A few observations from my experience:
For some reason, I had a heck of a time getting them up to temperature. I followed 

 Bearcarver
 's cooking method, but by Wednesday evening they still weren't rising in temp. I thought they'd be done before I went in for church, but they were still at 129° when I had to leave. So I just left 'em and decided to hurry home afterwards. When I got home (3 hours later) they were up to 135°. So I set the oven to 350° and brought 'em inside. They rose to 165° in about 15 minutes. I can't figure out for the life of me why they hovered in the 130° area for so long when my smoker temp was in the 195°-205° range. The upside to this was that they got some serious smoke laid on 'em since they were in the smoker for so long.
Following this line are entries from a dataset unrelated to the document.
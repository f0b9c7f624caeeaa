-- ===== src/Http/Base64.antt =====
-- src/main.c and src/http.c: Base64, written by the command line and read by the management API.
use beaver_mq.Prelude.{
  ℕ, ◌+◌, ◌-◌, ◌*◌, ◌/◌, ◌%◌, ◌^◌, ◌≤◌, ◌<◌, ◌≡◌, refl, true, false, ◌&&◌, Option, none, some, [],
  ◌∷◌, ◌++◌, Bytes, length, ltb, leb, ◌==◌, if◌then◌else◌, arith,
}

-- T[n]
unfoldable pub b64_char : ℕ → ℕ
b64_char n =
    if ltb n 26
    then 65 + n
    else if ltb n 52
    then 71 + n
    else if ltb n 62
    then n - 4
    else if n == 62
    then 43
    else 47

abbrev pub sextet : ℕ → ℕ → ℕ
sextet v shift = v / 2 ^ shift % 64

-- The characters of one round, of one, two or three bytes left.
unfoldable pub b64_group : ℕ → Option ℕ → Option ℕ → Bytes
unfolding b64_char
b64_group a none c =
    b64_char (sextet (a * 2 ^ 16) 18) ∷ b64_char (sextet (a * 2 ^ 16) 12) ∷ 61 ∷ 61 ∷ []
b64_group a (some b) none =
    let v = a * 2 ^ 16 + b * 2 ^ 8 in
    b64_char (sextet v 18) ∷ b64_char (sextet v 12) ∷ b64_char (sextet v 6) ∷ 61 ∷ []
b64_group a (some b) (some c) =
    let v = a * 2 ^ 16 + b * 2 ^ 8 + c in
    b64_char (sextet v 18)
    ∷ b64_char (sextet v 12)
    ∷ b64_char (sextet v 6)
    ∷ b64_char (sextet v 0)
    ∷ []

abbrev pub put_group : ℕ → ℕ → Bytes → Option Bytes → Option Bytes
put_group cap o group none = none
put_group cap o group (some rest) = if ltb cap (o + 5) then none else some (group ++ rest)

-- The loop from output index `o` on; none is -1.
unfoldable pub b64_encode_loop : ℕ → ℕ → Bytes → Option Bytes
unfolding b64_group
b64_encode_loop cap o [] = some []
b64_encode_loop cap o (a ∷ []) = put_group cap o (b64_group a none none) (some [])
b64_encode_loop cap o (a ∷ b ∷ []) = put_group cap o (b64_group a (some b) none) (some [])
b64_encode_loop cap o (a ∷ b ∷ c ∷ rest) =
    put_group cap o (b64_group a (some b) (some c)) (b64_encode_loop cap (o + 4) rest)

unfoldable pub b64_encode : Bytes → ℕ → Option Bytes
unfolding b64_encode_loop
b64_encode bs cap = b64_encode_loop cap 0 bs

unfoldable pub b64_val : ℕ → Option ℕ
b64_val ch =
    if leb 65 ch && leb ch 90
    then some (ch - 65)
    else if leb 97 ch && leb ch 122
    then some (ch - 97 + 26)
    else if leb 48 ch && leb ch 57
    then some (ch - 48 + 52)
    else if ch == 43
    then some 62
    else if ch == 47
    then some 63
    else none

-- The loop variables; `o` is the length of `out`.
pub record Decoding : Type 0 where
  pub acc : ℕ
  pub bits : ℕ
  pub out : Bytes

-- One round: none is the `return 0` on a wrong character or a full buffer.
abbrev pub taken : ℕ → Decoding → Option ℕ → Option Decoding
taken outcap s none = none
taken outcap s (some v) =
    let acc = (s.acc * 2 ^ 6 + v) % 2 ^ 24 in
    let bits = s.bits + 6 in
    if leb 8 bits
    then if leb outcap (length s.out + 1)
      then none
      else some
          record { acc = acc; bits = bits - 8; out = s.out ++ (acc / 2 ^ (bits - 8) % 2 ^ 8) ∷ [] }
    else some record { acc = acc; bits = bits; out = s.out }

abbrev pub decoded : Option Decoding → Option Bytes
decoded none = none
decoded (some s) = some s.out

abbrev pub go_on : (Decoding → Option Bytes) → Option Decoding → Option Bytes
go_on f none = none
go_on f (some s) = f s

unfoldable pub b64_decode_loop : ℕ → Bytes → Decoding → Option Bytes
unfolding b64_val
b64_decode_loop outcap [] s = some s.out
b64_decode_loop outcap (ch ∷ rest) s =
    let more = go_on (b64_decode_loop outcap rest) (taken outcap s (b64_val ch)) in
    if ch == 61 then some s.out else more

unfoldable pub b64_decode : Bytes → ℕ → Option Bytes
unfolding b64_decode_loop
b64_decode s outcap = b64_decode_loop outcap s (record { acc = 0; bits = 0; out = [] })

-- ---- the round trip
b64_val-b64_char : (n : ℕ) → n < 64 → (b64_val (b64_char n) ≡ some n) × ((b64_char n == 61) ≡ false)
unfolding b64_val b64_char
b64_val-b64_char n h = ground arith

-- A character of the table goes into the accumulator.
pub b64_decode_loop-char :
    (outcap n : ℕ) (rest : Bytes) (s : Decoding)
    → n < 64
    → b64_decode_loop outcap (b64_char n ∷ rest) s
      ≡ go_on (b64_decode_loop outcap rest) (taken outcap s (some n))
unfolding b64_decode_loop
b64_decode_loop-char outcap n rest s h =
    let (val, no_end) = b64_val-b64_char n h in rw (val, no_end) refl

taken_first :
    (outcap v acc : ℕ) (out : Bytes)
    → taken outcap (record { acc = acc; bits = 0; out = out }) (some v)
      ≡ some (record { acc = (acc * 2 ^ 6 + v) % 2 ^ 24; bits = 6; out = out })
taken_first outcap v acc out = refl

pub taken_byte :
    (outcap v acc bits : ℕ) (out : Bytes)
    → 2 ≤ bits
    → length out + 1 < outcap
    → taken outcap (record { acc = acc; bits = bits; out = out }) (some v)
      ≡ some (record {
        acc = (acc * 2 ^ 6 + v) % 2 ^ 24;
        bits = bits + 6 - 8;
        out = out ++ ((acc * 2 ^ 6 + v) % 2 ^ 24 / 2 ^ (bits + 6 - 8) % 2 ^ 8) ∷ [];
      })
taken_byte outcap v acc bits out h room =
    let enough : leb 8 (bits + 6) ≡ true = ground arith in
    let fits : leb outcap (length out + 1) ≡ false = ground arith in rw (enough, fits) refl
I'm very grateful for the free packages of ground venison from my friend, but he packages his deer straight, whereas I normally mix in beef tallow to give mine an 85/15 fat mixture. I decided to just go with the straight lean deer and see how it turns out. Next time I'll add in some fat. They're a bit on the dry side, but no matter - these things are still delicious and definitely won't make it past hunting season.
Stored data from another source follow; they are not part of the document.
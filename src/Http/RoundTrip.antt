-- ===== src/Http/RoundTrip.antt =====
-- src/main.c and src/http.c: Base64 read back.
use beaver_mq.Prelude.{
  ℕ, ◌+◌, ◌*◌, ◌/◌, ◌%◌, ◌^◌, ◌<◌, ◌≡◌, refl, ap, sym, ◌∙◌, false, none, some, [], ◌∷◌, ◌++◌,
  append_assoc, append-nil, Bytes, length, length-append, ltb, arith,
}
use beaver_mq.Crypto.Compare.{IsBytes}
use beaver_mq.Http.Base64.{
  b64_char, sextet, b64_group, b64_encode_loop, b64_encode, Decoding, go_on, b64_decode_loop,
  b64_decode, b64_decode_loop-char, taken_byte,
}

abbrev at : ℕ → ℕ → Bytes → Decoding
at acc bits out = record { acc = acc; bits = bits; out = out }

-- The accumulator after one more character.
abbrev then_acc : ℕ → ℕ → ℕ
then_acc acc v = (acc * 2 ^ 6 + v) % 2 ^ 24

-- The first two characters of a round give its first byte.
two_chars :
    (outcap a v0 v1 : ℕ) (rest : Bytes) (acc : ℕ) (out : Bytes)
    → v0 < 64
    → v1 < 64
    → v0 * 4 + v1 / 16 ≡ a
    → a < 256
    → length out + 1 < outcap
    → b64_decode_loop outcap (b64_char v0 ∷ b64_char v1 ∷ rest) (at acc 0 out)
      ≡ b64_decode_loop outcap rest (at (then_acc (then_acc acc v0) v1) 4 (out ++ a ∷ []))
two_chars outcap a v0 v1 rest acc out h0 h1 e small room =
    let byte : then_acc (then_acc acc v0) v1 / 2 ^ 4 % 2 ^ 8 ≡ a = omega arith in
    b64_decode_loop-char outcap v0 (b64_char v1 ∷ rest) (at acc 0 out) h0
    ∙ b64_decode_loop-char outcap v1 rest (at (then_acc acc v0) 6 out) h1
    ∙ ap (go_on (b64_decode_loop outcap rest))
        (taken_byte outcap v1 (then_acc acc v0) 6 out (omega arith) room)
    ∙ ap (λ x. b64_decode_loop outcap rest (at (then_acc (then_acc acc v0) v1) 4 (out ++ x ∷ [])))
        byte

third_char :
    (outcap b v2 : ℕ) (rest : Bytes) (acc : ℕ) (out : Bytes)
    → v2 < 64
    → acc % 16 * 16 + v2 / 4 ≡ b
    → length out + 1 < outcap
    → b64_decode_loop outcap (b64_char v2 ∷ rest) (at acc 4 out)
      ≡ b64_decode_loop outcap rest (at (then_acc acc v2) 2 (out ++ b ∷ []))
third_char outcap b v2 rest acc out h2 e room =
    let byte : then_acc acc v2 / 2 ^ 2 % 2 ^ 8 ≡ b = omega arith in
    b64_decode_loop-char outcap v2 rest (at acc 4 out) h2
    ∙ ap (go_on (b64_decode_loop outcap rest)) (taken_byte outcap v2 acc 4 out (omega arith) room)
    ∙ ap (λ x. b64_decode_loop outcap rest (at (then_acc acc v2) 2 (out ++ x ∷ []))) byte

fourth_char :
    (outcap c v3 : ℕ) (rest : Bytes) (acc : ℕ) (out : Bytes)
    → v3 < 64
    → acc % 4 * 64 + v3 ≡ c
    → length out + 1 < outcap
    → b64_decode_loop outcap (b64_char v3 ∷ rest) (at acc 2 out)
      ≡ b64_decode_loop outcap rest (at (then_acc acc v3) 0 (out ++ c ∷ []))
fourth_char outcap c v3 rest acc out h3 e room =
    let byte : then_acc acc v3 / 2 ^ 0 % 2 ^ 8 ≡ c = omega arith in
    b64_decode_loop-char outcap v3 rest (at acc 2 out) h3
    ∙ ap (go_on (b64_decode_loop outcap rest)) (taken_byte outcap v3 acc 2 out (omega arith) room)
    ∙ ap (λ x. b64_decode_loop outcap rest (at (then_acc acc v3) 0 (out ++ x ∷ []))) byte

-- The padding ends the text.
b64_decode_loop-end :
    (outcap : ℕ) (rest : Bytes) (s : Decoding) → b64_decode_loop outcap (61 ∷ rest) s ≡ some s.out
unfolding b64_decode_loop
b64_decode_loop-end outcap rest s = refl

b64_decode_loop-nil : (outcap : ℕ) (s : Decoding) → b64_decode_loop outcap [] s ≡ some s.out
unfolding b64_decode_loop
b64_decode_loop-nil outcap s = refl

push_three :
    (out : Bytes) (a b c : ℕ) (rest : Bytes)
    → out ++ a ∷ [] ++ b ∷ [] ++ c ∷ [] ++ rest ≡ out ++ a ∷ b ∷ c ∷ rest
push_three out a b c rest = simp append_assoc refl

length-push : (out : Bytes) (a : ℕ) → length (out ++ a ∷ []) ≡ length out + 1
length-push out a = length-append out (a ∷ [])

b64_decode_loop-encode :
    (bs : Bytes) (cap outcap o acc : ℕ) (out : Bytes)
    → IsBytes bs
    → o + (length bs + 2) / 3 * 4 < cap
    → length out + length bs < outcap
    → (text : Bytes) × (b64_encode_loop cap o bs ≡ some text)
      × (b64_decode_loop outcap text (at acc 0 out) ≡ some (out ++ bs))
unfolding b64_encode_loop b64_group
b64_decode_loop-encode [] cap outcap o acc out h room fits =
    ([], refl, b64_decode_loop-nil outcap (at acc 0 out) ∙ ap some (sym (append-nil out)))
b64_decode_loop-encode (a ∷ []) cap outcap o acc out h room fits =
    let some_left : ltb cap (o + 5) ≡ false = ground arith in
    let v0 = sextet (a * 2 ^ 16) 18 in
    let v1 = sextet (a * 2 ^ 16) 12 in
    let ha = h.0 in
    (
      b64_group a none none,
      rw some_left refl,
      two_chars outcap a v0 v1 (61 ∷ 61 ∷ []) acc out (omega arith) (omega arith) (omega arith) ha
            (omega arith)
          ∙ b64_decode_loop-end outcap (61 ∷ [])
              (at (then_acc (then_acc acc v0) v1) 4 (out ++ a ∷ [])),
    )
b64_decode_loop-encode (a ∷ b ∷ []) cap outcap o acc out h room fits =
    let some_left : ltb cap (o + 5) ≡ false = ground arith in
    let v = a * 2 ^ 16 + b * 2 ^ 8 in
    let v0 = sextet v 18 in
    let v1 = sextet v 12 in
    let v2 = sextet v 6 in
    let ha = h.0 in
    let hb = h.1.0 in
    let acc1 = then_acc (then_acc acc v0) v1 in
    let long = length-push out a in
    (
      b64_group a (some b) none,
      rw some_left refl,
      two_chars outcap a v0 v1 (b64_char v2 ∷ 61 ∷ []) acc out (omega arith) (omega arith)
            (omega arith) ha (omega arith)
          ∙ third_char outcap b v2 (61 ∷ []) acc1 (out ++ a ∷ []) (omega arith) (omega arith)
              (omega arith)
          ∙ b64_decode_loop-end outcap [] (at (then_acc acc1 v2) 2 (out ++ a ∷ [] ++ b ∷ []))
          ∙ ap some (append_assoc out (a ∷ []) (b ∷ [])),
    )
b64_decode_loop-encode (a ∷ b ∷ c ∷ rest) cap outcap o acc out h room fits =
    let some_left : ltb cap (o + 5) ≡ false = ground arith in
    let v = a * 2 ^ 16 + b * 2 ^ 8 + c in
    let v0 = sextet v 18 in
    let v1 = sextet v 12 in
    let v2 = sextet v 6 in
    let v3 = sextet v 0 in
    let ha = h.0 in
    let hb = h.1.0 in
    let hc = h.1.1.0 in
    let acc1 = then_acc (then_acc acc v0) v1 in
    let acc2 = then_acc acc1 v2 in
    let acc3 = then_acc acc2 v3 in
    let out1 = out ++ a ∷ [] in
    let out2 = out1 ++ b ∷ [] in
    let out3 = out2 ++ c ∷ [] in
    let long1 = length-push out a in
    let long2 = length-push out1 b in
    let long3 = length-push out2 c in
    let (text, written, read) =
      b64_decode_loop-encode rest cap outcap (o + 4) acc3 out3 h.1.1.1 (omega arith)
        (omega arith) in
    (
      b64_group a (some b) (some c) ++ text,
      rw (written, some_left) refl,
      two_chars outcap a v0 v1 (b64_char v2 ∷ b64_char v3 ∷ text) acc out (omega arith)
            (omega arith) (omega arith) ha (omega arith)
          ∙ third_char outcap b v2 (b64_char v3 ∷ text) acc1 out1 (omega arith) (omega arith)
              (omega arith)
          ∙ fourth_char outcap c v3 text acc2 out2 (omega arith) (omega arith) (omega arith)
          ∙ read
          ∙ ap some (push_three out a b c rest),
    )

-- What the command line encodes, into a buffer that holds it, the management API decodes to the same bytes, if they fit
-- its buffer with one to spare.
pub b64_decode-b64_encode :
    (bs : Bytes) (cap outcap : ℕ)
    → IsBytes bs
    → (length bs + 2) / 3 * 4 < cap
    → length bs < outcap
    → (text : Bytes) × (b64_encode bs cap ≡ some text) × (b64_decode text outcap ≡ some bs)
unfolding b64_encode b64_decode
b64_decode-b64_encode bs cap outcap h room fits =
    b64_decode_loop-encode bs cap outcap 0 0 [] h (omega arith) (omega arith)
My wife suggested today that I should throw in mayonnaise to give them moisture. We do this when we make burgers and it makes the juiciest burgers ever. 2 TBSP per pound of ground meat. I don't know how that'll work on the smoker, but I'll give it a shot and update everyone how it worked. 
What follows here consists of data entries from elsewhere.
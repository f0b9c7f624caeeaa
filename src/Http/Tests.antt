-- ===== src/Http/Tests.antt =====
-- Runs of the Base64 codec, and the theorem at a concrete input.
use beaver_mq.Prelude.{◌≡◌, refl, some, Bytes, codes, arith}
use beaver_mq.Crypto.Compare.{IsBytes}
use beaver_mq.Http.Base64.{b64_char, b64_group, b64_encode_loop, b64_encode, b64_decode}
use beaver_mq.Http.RoundTrip.{b64_decode-b64_encode}

abbrev login : Bytes
login = codes "ann:h"

login_text : b64_encode login 64 ≡ some (codes "YW5uOmg=")
unfolding b64_encode b64_encode_loop b64_group b64_char
login_text = refl

login-IsBytes : IsBytes login
login-IsBytes = ground arith

b64_decode-b64_encode_example :
    (text : Bytes) × (b64_encode login 64 ≡ some text) × (b64_decode text 300 ≡ some login)
b64_decode-b64_encode_example =
    b64_decode-b64_encode login 64 300 login-IsBytes (omega arith) (omega arith)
I mixed a few loaves with jalapeno and cheddar. Mmmmm! And I think the cheese gave off a little bit of that needed fat moisture the lean deer needed.
















And here's the group photo (you can see the grainy texture from the lean deer)


----------



## forktender (Oct 4, 2018)

Bear logs just sound wrong, maybe bear loaves? nope still sounds wrong.  :rolleyes:
But anything with venison, cheese and jap's and I'm in.


----------



## crazymoon (Oct 5, 2018)

PM, Great looking logs,you can send some my way if any are left ! :)


----------



## Bearcarver (Oct 5, 2018)

Beautiful Job, Preacher Man!!
Yeah, I never do anything with 100% Ground Venison.
My Logs take awhile, but the sticks are easier to push through.
Glad you Like them!!
Like.

Bear


----------



## Bearcarver (Oct 5, 2018)

forktender said:


> Bear logs just sound wrong, maybe bear loaves? nope still sounds wrong.  :rolleyes:
> But anything with venison, cheese and jap's and I'm in.




LOL----Bear Loaves are a different item---Same mix, Different method:
*Unstuffed Beef Sticks (All Beef)  *
*Smoked Bear Logs (All Beef)  
Smoked Bear Loaf (All Beef)  
Smoked Mini-Bear-Loaves (All Beef)*


Bear


----------



## Preacher Man (Oct 12, 2018)

I finally got around to trying this recipe and adding a little moisture.

I did everything the exact same, used the exact same deer, but just added 2 TBSP of mayonnaise per pound of meat.

The results were night and day different. It added a great amount of moisture to the meat. I don't know how to compare it to 80/20 beef (I plan on trying that next), but for free 100% lean deer, this is the way to go!


----------



## Bearcarver (Oct 13, 2018)

Preacher Man said:


> I finally got around to trying this recipe and adding a little moisture.
> 
> I did everything the exact same, used the exact same deer, but just added 2 TBSP of mayonnaise per pound of meat.
> 
> The results were night and day different. It added a great amount of moisture to the meat. I don't know how to compare it to 80/20 beef (I plan on trying that next), but for free 100% lean deer, this is the way to go!



Looks Great, Preacher Man!!!
I'll have to give that a try!!

Bear


----------



## Ishi (Oct 13, 2018)

I tagged a doe yesterday and this is on my to do list when I get time!! Looks tasty


----------